TASK TO COMPLETE
Your task is to transcribe the entries below exactly, from their first line down to the line containing "next_sequence j = (j.sequence + 1) % 2 ^ 64", and to stop there.

EXERCISE INPUT
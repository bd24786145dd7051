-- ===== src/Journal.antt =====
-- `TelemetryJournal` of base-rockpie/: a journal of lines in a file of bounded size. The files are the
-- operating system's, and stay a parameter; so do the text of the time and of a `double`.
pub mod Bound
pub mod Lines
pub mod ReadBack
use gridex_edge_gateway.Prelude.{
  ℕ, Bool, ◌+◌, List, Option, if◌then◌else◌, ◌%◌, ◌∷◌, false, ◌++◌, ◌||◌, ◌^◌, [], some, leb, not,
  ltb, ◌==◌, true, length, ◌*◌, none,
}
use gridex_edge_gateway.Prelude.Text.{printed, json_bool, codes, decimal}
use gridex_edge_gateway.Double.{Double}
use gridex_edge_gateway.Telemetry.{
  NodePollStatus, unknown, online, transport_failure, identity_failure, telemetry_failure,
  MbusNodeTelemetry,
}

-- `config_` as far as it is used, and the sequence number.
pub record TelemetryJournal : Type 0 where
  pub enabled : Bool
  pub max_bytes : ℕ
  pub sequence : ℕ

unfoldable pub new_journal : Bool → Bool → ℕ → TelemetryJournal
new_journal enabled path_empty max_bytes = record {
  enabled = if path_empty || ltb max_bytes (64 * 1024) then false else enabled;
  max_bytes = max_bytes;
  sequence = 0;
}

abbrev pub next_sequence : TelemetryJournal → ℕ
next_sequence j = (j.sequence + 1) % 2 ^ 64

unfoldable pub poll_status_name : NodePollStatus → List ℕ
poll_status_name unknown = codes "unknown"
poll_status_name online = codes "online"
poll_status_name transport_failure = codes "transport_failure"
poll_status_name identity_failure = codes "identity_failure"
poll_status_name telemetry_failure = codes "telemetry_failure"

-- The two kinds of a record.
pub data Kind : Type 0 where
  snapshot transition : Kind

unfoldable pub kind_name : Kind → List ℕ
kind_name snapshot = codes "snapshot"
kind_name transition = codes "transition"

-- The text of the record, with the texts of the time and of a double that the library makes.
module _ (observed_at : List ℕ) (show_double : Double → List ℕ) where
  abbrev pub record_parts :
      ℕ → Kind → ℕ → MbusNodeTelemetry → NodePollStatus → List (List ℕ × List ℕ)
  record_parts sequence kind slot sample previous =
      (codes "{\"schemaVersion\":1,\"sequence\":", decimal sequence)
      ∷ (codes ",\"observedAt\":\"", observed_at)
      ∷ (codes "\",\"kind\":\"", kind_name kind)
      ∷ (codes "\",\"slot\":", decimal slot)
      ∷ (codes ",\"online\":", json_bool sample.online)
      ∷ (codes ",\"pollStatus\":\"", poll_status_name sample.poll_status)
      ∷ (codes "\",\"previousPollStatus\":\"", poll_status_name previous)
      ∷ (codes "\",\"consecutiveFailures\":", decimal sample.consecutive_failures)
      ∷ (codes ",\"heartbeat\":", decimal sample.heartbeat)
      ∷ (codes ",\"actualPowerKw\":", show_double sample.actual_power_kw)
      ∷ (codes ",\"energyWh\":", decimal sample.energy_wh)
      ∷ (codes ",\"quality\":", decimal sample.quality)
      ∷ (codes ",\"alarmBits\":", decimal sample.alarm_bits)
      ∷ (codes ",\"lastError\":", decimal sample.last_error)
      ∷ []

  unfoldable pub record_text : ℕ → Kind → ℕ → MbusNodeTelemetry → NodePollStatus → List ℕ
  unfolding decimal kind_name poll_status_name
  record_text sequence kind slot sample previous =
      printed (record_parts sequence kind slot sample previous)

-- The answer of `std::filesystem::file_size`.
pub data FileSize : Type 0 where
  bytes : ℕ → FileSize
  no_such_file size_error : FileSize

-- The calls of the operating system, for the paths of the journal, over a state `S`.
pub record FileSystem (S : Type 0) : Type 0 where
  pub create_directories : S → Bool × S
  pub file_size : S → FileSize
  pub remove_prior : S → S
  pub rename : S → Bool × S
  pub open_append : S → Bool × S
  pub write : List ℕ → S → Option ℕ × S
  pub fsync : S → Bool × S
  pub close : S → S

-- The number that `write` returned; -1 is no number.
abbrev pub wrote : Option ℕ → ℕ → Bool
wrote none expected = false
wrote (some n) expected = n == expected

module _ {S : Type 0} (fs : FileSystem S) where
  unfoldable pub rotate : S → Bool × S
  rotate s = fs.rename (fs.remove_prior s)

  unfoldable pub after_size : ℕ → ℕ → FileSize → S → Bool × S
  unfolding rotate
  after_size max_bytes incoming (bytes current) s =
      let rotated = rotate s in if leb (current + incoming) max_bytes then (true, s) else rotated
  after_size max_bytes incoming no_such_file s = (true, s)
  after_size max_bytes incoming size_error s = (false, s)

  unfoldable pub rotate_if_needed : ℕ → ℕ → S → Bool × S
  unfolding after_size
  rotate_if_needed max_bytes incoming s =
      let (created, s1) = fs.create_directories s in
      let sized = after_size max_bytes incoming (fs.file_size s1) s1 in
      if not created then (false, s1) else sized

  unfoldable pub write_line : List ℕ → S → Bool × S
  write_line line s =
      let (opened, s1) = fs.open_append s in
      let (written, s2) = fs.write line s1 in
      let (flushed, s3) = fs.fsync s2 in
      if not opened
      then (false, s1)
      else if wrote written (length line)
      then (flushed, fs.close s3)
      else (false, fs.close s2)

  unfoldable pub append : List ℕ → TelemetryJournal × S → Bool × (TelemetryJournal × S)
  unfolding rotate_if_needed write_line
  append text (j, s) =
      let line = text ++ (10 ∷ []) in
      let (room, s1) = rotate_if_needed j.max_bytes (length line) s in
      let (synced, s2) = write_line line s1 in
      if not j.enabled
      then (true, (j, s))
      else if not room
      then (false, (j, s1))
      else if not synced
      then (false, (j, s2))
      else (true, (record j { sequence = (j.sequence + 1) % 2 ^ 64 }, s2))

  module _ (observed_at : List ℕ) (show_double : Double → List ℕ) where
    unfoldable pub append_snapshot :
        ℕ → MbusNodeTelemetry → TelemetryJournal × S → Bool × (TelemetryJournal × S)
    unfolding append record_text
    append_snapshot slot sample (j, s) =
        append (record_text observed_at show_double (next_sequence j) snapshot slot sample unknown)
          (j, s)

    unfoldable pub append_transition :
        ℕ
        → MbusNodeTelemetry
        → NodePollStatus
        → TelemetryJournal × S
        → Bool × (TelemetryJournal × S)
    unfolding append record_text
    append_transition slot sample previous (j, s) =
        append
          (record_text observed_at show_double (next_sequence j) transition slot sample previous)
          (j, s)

WRITTEN SOLUTION
repository bd24786145dd7051
-- ===== src/Journal.antt =====
-- `TelemetryJournal` of base-rockpie/: a journal of lines in a file of bounded size. The files are the
-- operating system's, and stay a parameter; so do the text of the time and of a `double`.
pub mod Bound
pub mod Lines
pub mod ReadBack
use gridex_edge_gateway.Prelude.{
  ℕ, Bool, ◌+◌, List, Option, if◌then◌else◌, ◌%◌, ◌∷◌, false, ◌++◌, ◌||◌, ◌^◌, [], some, leb, not,
  ltb, ◌==◌, true, length, ◌*◌, none,
}
use gridex_edge_gateway.Prelude.Text.{printed, json_bool, codes, decimal}
use gridex_edge_gateway.Double.{Double}
use gridex_edge_gateway.Telemetry.{
  NodePollStatus, unknown, online, transport_failure, identity_failure, telemetry_failure,
  MbusNodeTelemetry,
}

-- `config_` as far as it is used, and the sequence number.
pub record TelemetryJournal : Type 0 where
  pub enabled : Bool
  pub max_bytes : ℕ
  pub sequence : ℕ

unfoldable pub new_journal : Bool → Bool → ℕ → TelemetryJournal
new_journal enabled path_empty max_bytes = record {
  enabled = if path_empty || ltb max_bytes (64 * 1024) then false else enabled;
  max_bytes = max_bytes;
  sequence = 0;
}

abbrev pub next_sequence : TelemetryJournal → ℕ
next_sequence j = (j.sequence + 1) % 2 ^ 64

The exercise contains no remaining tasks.